## [Exercise directions]
Which lines below fall between the one containing "-- NewGeminiProvider, from" and the one containing "new_gemini_provider (c ∷"? Repeat them exactly, counting both of those lines, and add nothing else.

#### Entries shown ####

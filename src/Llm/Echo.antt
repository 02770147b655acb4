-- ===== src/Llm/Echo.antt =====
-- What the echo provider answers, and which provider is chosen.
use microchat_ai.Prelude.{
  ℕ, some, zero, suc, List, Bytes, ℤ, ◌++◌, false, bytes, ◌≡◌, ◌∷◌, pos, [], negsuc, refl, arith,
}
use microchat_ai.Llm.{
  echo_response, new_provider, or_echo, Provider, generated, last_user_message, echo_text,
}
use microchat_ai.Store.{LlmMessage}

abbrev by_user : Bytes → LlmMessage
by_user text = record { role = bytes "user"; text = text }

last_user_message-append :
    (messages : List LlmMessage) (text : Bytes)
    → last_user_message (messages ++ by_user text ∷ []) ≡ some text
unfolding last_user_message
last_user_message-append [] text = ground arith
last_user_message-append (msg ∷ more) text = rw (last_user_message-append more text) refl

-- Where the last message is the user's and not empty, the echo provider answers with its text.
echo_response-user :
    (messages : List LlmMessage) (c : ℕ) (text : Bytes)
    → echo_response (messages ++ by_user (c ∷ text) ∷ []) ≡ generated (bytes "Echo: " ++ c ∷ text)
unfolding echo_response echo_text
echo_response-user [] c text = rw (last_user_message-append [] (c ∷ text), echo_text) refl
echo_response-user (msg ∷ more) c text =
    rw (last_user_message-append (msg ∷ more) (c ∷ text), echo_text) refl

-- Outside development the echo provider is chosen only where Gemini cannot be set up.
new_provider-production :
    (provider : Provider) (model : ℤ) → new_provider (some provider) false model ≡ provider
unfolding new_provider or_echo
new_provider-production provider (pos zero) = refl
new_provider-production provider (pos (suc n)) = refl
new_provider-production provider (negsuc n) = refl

####
#### Entries shown ####

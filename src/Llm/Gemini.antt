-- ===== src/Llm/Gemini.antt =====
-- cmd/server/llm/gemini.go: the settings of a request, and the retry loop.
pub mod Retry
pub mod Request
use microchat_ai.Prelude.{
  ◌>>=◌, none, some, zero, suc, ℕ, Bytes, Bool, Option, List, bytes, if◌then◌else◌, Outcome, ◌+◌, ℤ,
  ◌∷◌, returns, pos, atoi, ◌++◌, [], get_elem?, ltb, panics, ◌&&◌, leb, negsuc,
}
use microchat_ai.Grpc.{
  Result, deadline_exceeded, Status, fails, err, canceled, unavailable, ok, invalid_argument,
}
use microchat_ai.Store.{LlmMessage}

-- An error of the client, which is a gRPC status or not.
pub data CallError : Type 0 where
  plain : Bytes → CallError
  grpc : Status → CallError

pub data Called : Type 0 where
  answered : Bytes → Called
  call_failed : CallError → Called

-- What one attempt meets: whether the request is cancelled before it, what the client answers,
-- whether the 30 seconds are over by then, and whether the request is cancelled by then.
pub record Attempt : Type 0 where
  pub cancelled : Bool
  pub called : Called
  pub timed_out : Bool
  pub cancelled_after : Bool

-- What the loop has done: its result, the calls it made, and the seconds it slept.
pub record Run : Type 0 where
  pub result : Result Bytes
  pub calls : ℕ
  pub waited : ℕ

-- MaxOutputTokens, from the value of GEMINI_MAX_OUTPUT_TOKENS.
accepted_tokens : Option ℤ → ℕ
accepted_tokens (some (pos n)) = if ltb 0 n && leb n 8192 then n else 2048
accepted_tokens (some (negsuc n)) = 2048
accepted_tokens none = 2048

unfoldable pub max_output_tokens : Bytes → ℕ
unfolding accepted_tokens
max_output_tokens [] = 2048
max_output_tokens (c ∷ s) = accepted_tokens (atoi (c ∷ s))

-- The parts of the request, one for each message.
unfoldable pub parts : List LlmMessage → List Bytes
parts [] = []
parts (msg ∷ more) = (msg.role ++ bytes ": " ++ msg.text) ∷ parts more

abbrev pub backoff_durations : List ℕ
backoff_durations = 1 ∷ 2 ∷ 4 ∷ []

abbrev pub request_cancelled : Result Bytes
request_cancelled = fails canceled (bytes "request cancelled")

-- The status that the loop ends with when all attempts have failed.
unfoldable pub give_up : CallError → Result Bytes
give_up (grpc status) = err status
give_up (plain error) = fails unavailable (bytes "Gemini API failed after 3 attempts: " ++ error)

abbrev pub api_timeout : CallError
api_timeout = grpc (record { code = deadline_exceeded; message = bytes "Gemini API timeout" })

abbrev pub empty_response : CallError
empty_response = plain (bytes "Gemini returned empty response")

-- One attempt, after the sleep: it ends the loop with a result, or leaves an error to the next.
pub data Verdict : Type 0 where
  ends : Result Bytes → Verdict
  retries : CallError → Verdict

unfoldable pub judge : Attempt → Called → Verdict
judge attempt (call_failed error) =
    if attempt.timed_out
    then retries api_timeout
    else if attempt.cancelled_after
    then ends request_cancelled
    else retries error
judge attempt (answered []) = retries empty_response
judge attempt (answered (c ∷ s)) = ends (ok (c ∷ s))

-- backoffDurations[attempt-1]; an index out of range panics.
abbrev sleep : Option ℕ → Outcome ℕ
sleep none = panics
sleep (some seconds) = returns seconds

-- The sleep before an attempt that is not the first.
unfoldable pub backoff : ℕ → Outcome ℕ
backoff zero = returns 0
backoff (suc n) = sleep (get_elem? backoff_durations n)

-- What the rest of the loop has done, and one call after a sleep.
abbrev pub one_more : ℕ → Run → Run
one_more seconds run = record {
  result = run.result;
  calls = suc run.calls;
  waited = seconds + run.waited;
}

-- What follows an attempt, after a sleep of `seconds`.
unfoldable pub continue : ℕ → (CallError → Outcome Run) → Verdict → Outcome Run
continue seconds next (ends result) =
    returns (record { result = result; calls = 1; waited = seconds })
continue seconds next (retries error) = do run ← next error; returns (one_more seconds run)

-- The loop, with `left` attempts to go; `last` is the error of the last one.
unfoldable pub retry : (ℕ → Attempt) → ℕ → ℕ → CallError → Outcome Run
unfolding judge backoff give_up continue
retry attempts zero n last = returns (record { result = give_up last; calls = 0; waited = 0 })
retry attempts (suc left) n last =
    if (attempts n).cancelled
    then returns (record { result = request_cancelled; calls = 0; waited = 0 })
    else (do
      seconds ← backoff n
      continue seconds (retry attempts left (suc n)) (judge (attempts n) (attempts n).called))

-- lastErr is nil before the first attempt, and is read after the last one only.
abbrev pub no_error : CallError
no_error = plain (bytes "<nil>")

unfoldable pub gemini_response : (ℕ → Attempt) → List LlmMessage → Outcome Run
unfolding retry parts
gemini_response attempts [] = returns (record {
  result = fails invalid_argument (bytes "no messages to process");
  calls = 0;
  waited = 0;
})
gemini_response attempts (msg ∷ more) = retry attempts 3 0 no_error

####
#### Entries shown ####

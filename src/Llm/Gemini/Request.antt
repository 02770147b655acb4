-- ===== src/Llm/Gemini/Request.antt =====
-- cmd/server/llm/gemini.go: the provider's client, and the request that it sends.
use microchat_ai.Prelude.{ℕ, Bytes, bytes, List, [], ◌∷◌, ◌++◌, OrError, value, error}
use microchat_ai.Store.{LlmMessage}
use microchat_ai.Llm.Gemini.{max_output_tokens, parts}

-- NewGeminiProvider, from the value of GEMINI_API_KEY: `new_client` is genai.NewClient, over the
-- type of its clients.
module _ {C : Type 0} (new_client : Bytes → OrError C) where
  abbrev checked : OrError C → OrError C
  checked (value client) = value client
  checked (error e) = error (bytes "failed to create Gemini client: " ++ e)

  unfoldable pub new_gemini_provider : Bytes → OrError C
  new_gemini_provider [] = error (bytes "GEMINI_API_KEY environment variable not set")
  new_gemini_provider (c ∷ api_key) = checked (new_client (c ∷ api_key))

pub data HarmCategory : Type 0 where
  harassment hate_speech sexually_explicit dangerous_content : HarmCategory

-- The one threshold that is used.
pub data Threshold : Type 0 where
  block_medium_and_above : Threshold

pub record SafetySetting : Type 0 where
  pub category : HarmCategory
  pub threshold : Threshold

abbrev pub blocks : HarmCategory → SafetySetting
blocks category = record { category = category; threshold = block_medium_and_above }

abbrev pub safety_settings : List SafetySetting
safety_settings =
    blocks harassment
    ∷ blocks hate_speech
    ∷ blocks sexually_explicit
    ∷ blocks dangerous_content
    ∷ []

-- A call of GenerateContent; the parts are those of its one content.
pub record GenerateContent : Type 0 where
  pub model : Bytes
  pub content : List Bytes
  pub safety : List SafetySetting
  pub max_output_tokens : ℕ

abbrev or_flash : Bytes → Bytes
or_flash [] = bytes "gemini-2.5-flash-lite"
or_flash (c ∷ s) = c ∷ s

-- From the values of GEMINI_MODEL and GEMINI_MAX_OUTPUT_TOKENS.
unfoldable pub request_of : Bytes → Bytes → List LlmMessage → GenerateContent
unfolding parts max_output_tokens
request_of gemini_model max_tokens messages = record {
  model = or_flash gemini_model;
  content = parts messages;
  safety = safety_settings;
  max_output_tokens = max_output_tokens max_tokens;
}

####

## [Response]
-- NewGeminiProvider, from the value of GEMINI_API_KEY: `new_client` is genai.NewClient, over the
-- type of its clients.
module _ {C : Type 0} (new_client : Bytes → OrError C) where
  abbrev checked : OrError C → OrError C
  checked (value client) = value client
  checked (error e) = error (bytes "failed to create Gemini client: " ++ e)

  unfoldable pub new_gemini_provider : Bytes → OrError C
  new_gemini_provider [] = error (bytes "GEMINI_API_KEY environment variable not set")
  new_gemini_provider (c ∷ api_key) = checked (new_client (c ∷ api_key))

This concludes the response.